With 80s-influenced synth pop oozing from every popular music pore at present any band signing up for this genre has to come up with something pretty special to stand out. Brooklyn trio Selebrities might just have done this – with their suitably hipster-friendly looks and NYC nonchalance, but most importantly, following a couple of promising singles and extended players, a full-length album that is more than up to the task.

Having quietly slipped out their Ladies Man Effect EP last year, Delusions gathers the promising notes paraded on that four-track treat and crafts them into a time capsule of sleazy pop. The perfectly pitched three-piece channel New Order basslines and the sort of metallic guitars that resonate on Joy Division records. They are ice cool, and with Maria Usbeck’s nonplussed vocals layered over a noir, slightly italo-inspired undertone, have put together a fine showcase of all that was good about the 1980s New Wave.

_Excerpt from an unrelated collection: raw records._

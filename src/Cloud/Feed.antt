-- ===== src/Cloud/Feed.antt =====
-- lib/CloudSync: remote releases, from a sync and from the feed.
use rfid_access.Base.{
  ℕ, ◌+◌, Bool, true, false, not, ◌&&◌, ◌||◌, [], Option, none, some, ltb, ◌==◌, if◌then◌else◌,
  Text, eq_text, is_empty,
}
use rfid_access.Cloud.{CloudSync, server_now, request_sync_now}

-- considerRelease: the state, and whether the release handler is called.
unfoldable pub consider_release : CloudSync → Text → ℕ → ℕ → CloudSync × Bool
unfolding server_now request_sync_now
consider_release c id exp ms =
    let now = server_now c ms in
    if is_empty id || eq_text id c.release_id || eq_text id c.lapsed_release_id
    then (c, false)
    else if now == 0 || ltb exp now
    then (record c { lapsed_release_id = id }, false)
    else (
      request_sync_now (record c { release_id = id; stored = record c.stored { release_id = id } }),
      true,
    )

-- What the HTTP client answers to one poll: the connection cannot be opened, or a status with the
-- header and, where the body is JSON, its id and expiry.
pub data FeedReply : Type 0 where
  unreachable : FeedReply
  answer : ℕ → Text → Option (Text × ℕ) → FeedReply

unfoldable pub close_feed : CloudSync → CloudSync
close_feed c = record c { feed_open = false }

-- The release of a poll's body, if it is JSON.
unfoldable pub consider_body : CloudSync → Option (Text × ℕ) → ℕ → CloudSync × Bool
unfolding consider_release
consider_body c none ms = (c, false)
consider_body c (some (id, exp)) ms = consider_release c id exp ms

unfoldable pub on_reply : CloudSync → FeedReply → ℕ → CloudSync × Bool
unfolding consider_body close_feed
on_reply c unreachable ms = (record (close_feed c) { feed_failures = (c.feed_failures + 1) }, false)
on_reply c (answer rc etag body) ms =
    let (c', acted) = consider_body c body ms in
    if (rc == 304) || (rc == 404)
    then (record c { feed_failures = 0 }, false)
    else if rc == 200
    then (record c' { feed_etag = etag; feed_failures = 0 }, acted)
    else if rc == 403
    then (record (close_feed c) { feed_url = [] }, false)
    else (record (close_feed c) { feed_failures = (c.feed_failures + 1) }, false)

-- pollReleaseFeed: a feed that is not open needs free heap and a large enough block.
unfoldable pub poll_release_feed : CloudSync → ℕ → ℕ → FeedReply → ℕ → CloudSync × Bool
unfolding on_reply
poll_release_feed c free_heap block reply ms =
    if not c.feed_open && (ltb free_heap 100000 || ltb block 40000)
    then (c, false)
    else on_reply (record c { feed_open = true }) reply ms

Album highlight ‘Time’ is as apt as it is a great tune, opening with “Where did the time go?” and capturing the mood of a group who would not have looked out of place on Top of the Pops 25 years ago. Delusions’ title track kicks off the record and the first impression is of a dark and lingering affair of the mind, channelled by Usbeck who does a fine female impression of Ian Curtis, supported by appropriately sinister guitar chords. ‘Living Dead’ does nothing to lighten the mood with the sort of brooding bass, frenetic guitars and snappy drums touted more recently by Canadian ‘couldabeens’ The Organ. Similarly the opening bars of ‘Into The Night’ could be Katie Sketch resurrected and – although Usbeck is an octave higher – it’s hard not to picture The Organ’s front woman leaning against the exposed brickwork of a downtown warehouse singing Selebrities tunes.

The mood lifts as Delusions unfolds – ‘Can’t Make My Mind Up’ is more Human League than New Order and with it’s catchy synth riffs is a pure pop song, while ‘46th and Bliss’ is equally upbeat and a potential single. Likewise ‘Secret Garden’ – which appeared on Ladies Man Effect – is yet another chart-friendly tune. The only minor disappointment is that ‘Move This’ –Selebrities splendid cover of Technotronic’s 1989 dancefloor hit – did not make the cut.

There may be reams of 80s-inspired noise out there but there’s little that sounds as authentic as the ten tracks on Delusions. Selebrities have successfully bottled the whole era – guitars, synth, goth and pop – and pooled it to perfect effect.